ALENTEJO
SEF tem 32 inquéritos no Alentejo por tráfico de pessoas
e auxílio à imigração ilegal
Desde 2018 que no Alentejo foram detidos 11 suspeitos e
constituídas arguidas 37 pessoas, 14 empresas e foram sinalizadas 134 vítimas
de tráfico de pessoas para exploração laboral.
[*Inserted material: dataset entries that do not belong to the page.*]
-- ===== src/Crypto.antt =====
-- The primitives of Zig's standard library (std.crypto) that the program calls: HKDF, HMAC,
-- SHA-512, X25519 and ML-KEM-1024. They are parameters, with the
-- lengths that their types state. Randomness is an argument of what draws it.
use libsignal_zig.Prelude.{ℕ, ◌≡◌, length}
use libsignal_zig.Prelude.Bytes.{Bytes}
use libsignal_zig.Prelude.Result.{Result}

pub record Crypto : Type 0 where
  -- `HkdfSha256.extract(salt, ikm)`, and `expand` to so many bytes with an info string.
  pub hkdf_extract : Bytes → Bytes → Bytes
  pub hkdf_expand : ℕ → Bytes → Bytes → Bytes
  -- `HmacSha256.create` on a key and a message, and `Sha512.hash`.
  pub hmac : Bytes → Bytes → Bytes
  pub sha512 : Bytes → Bytes
  -- `X25519.scalarmult(secret, public)`.
  pub scalarmult : Bytes → Bytes → Result Bytes
  -- ML-KEM-1024: `encapsDeterministic(seed)` for a serialized public key, to the ciphertext and
  -- the shared secret, and `decaps` for a serialized secret key.
  pub kem_encaps : Bytes → Bytes → Result (Bytes × Bytes)
  pub kem_decaps : Bytes → Bytes → Result Bytes
  pub length-expand : (n : ℕ) (info prk : Bytes) → length (hkdf_expand n info prk) ≡ n
  pub length-hmac : (key msg : Bytes) → length (hmac key msg) ≡ 32
  pub length-sha512 : (msg : Bytes) → length (sha512 msg) ≡ 64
Tráfico de seres humanos “tem
sido particularmente visível” no recrutamento de trabalhadores estrangeiros
agrícolas.
Joana Gorjão
Henriques
3 de Maio de
2021, 19:42
O Serviço de
Estrangeiros e Fronteiras (SEF) tem 32 inquéritos-crime a decorrer em várias
comarcas do Alentejo pelos crimes de tráfico de pessoas, auxílio à imigração
ilegal e angariação de mão-de-obra ilegal.
Só em Março o SEF
instaurou 15 inquéritos — seis em Odemira — contra 17 entidades patronais pela
prática de indícios dos crimes de auxilio à imigração ilegal e falsificação de
documentos, factos relacionados “com relações laborais fraudulentas que visam a
regularização documental”, afirma o gabinete de imprensa do SEF ao PÚBLICO.
Segundo o SEF,
desde 2018 que no Alentejo foram detidos 11 suspeitos e constituídas arguidas
37 pessoas, 14 empresas e foram sinalizadas 134 vítimas de tráfico de pessoas
para exploração laboral.
O SEF afirma que
o fenómeno do tráfico de seres humanos tem sido particularmente visível no
recrutamento de trabalhadores estrangeiros para prestação de trabalho em
campanhas agrícolas sazonais, como sejam a colheita da azeitona, tomate, fruta
ou produtos hortícolas. Descreve que recrutam trabalhadores de países do Leste
Europeu ou asiáticos através de empresas de trabalho temporário e a troco de
trabalho prometem alojamento, alimentação, transporte e salário. Emitem
contratos com referências a subsídios de alimentação, a folgas, férias e a
horários de trabalho.
“Os trabalhadores
recrutados são levados, na sua maioria, para casas arrendadas pelos
empregadores, nas proximidades ou nas próprias explorações agrícolas e ficam na
total dependência dos angariadores”, até em relação à alimentação. “São-lhes
exigidos avultadas quantias, a troco de documentação diversa, nomeadamente
contratos de trabalho e obtenção de número de contribuinte e de utente da
Segurança Social, bem como para custos de acomodação, alimentação e transporte,
por descontos abusivos nos vencimentos.”
Não é apenas o
SEF que está a investigar crimes de tráfico de seres humanos na zona de
Odemira. Como o PÚBLICO avançou no domingo, a Polícia Judiciária está a
investigar vários casos de alegados crimes ligados ao auxílio à imigração
ilegal, tráfico de pessoas e escravatura na zona de Odemira.
Há várias queixas
feitas à PJ e esta polícia está na fase de recolha de provas no âmbito das
investigações em curso. Esta é uma situação que a PJ está a monitorizar com
preocupação, apurou o PÚBLICO, e tudo aponta para que se trate de casos avulsos
e de pequenas redes: “aparentemente” não são grandes redes, adiantou a mesma
fonte, ressalvando que “qualquer investigação é dinâmica”.
Também no domingo
o presidente da Câmara de Odemira, José Alberto Guerreiro, afirmou à SIC ter
feito queixa de várias situações há cerca de dois anos à PJ e que ele próprio
já foi ouvido, diz a Lusa.
Descreveu que
existem lojas em Odemira que “têm um conjunto de empregados que não é
justificado pelo espaço”, nomeadamente “supermercados com 200 metros quadrados”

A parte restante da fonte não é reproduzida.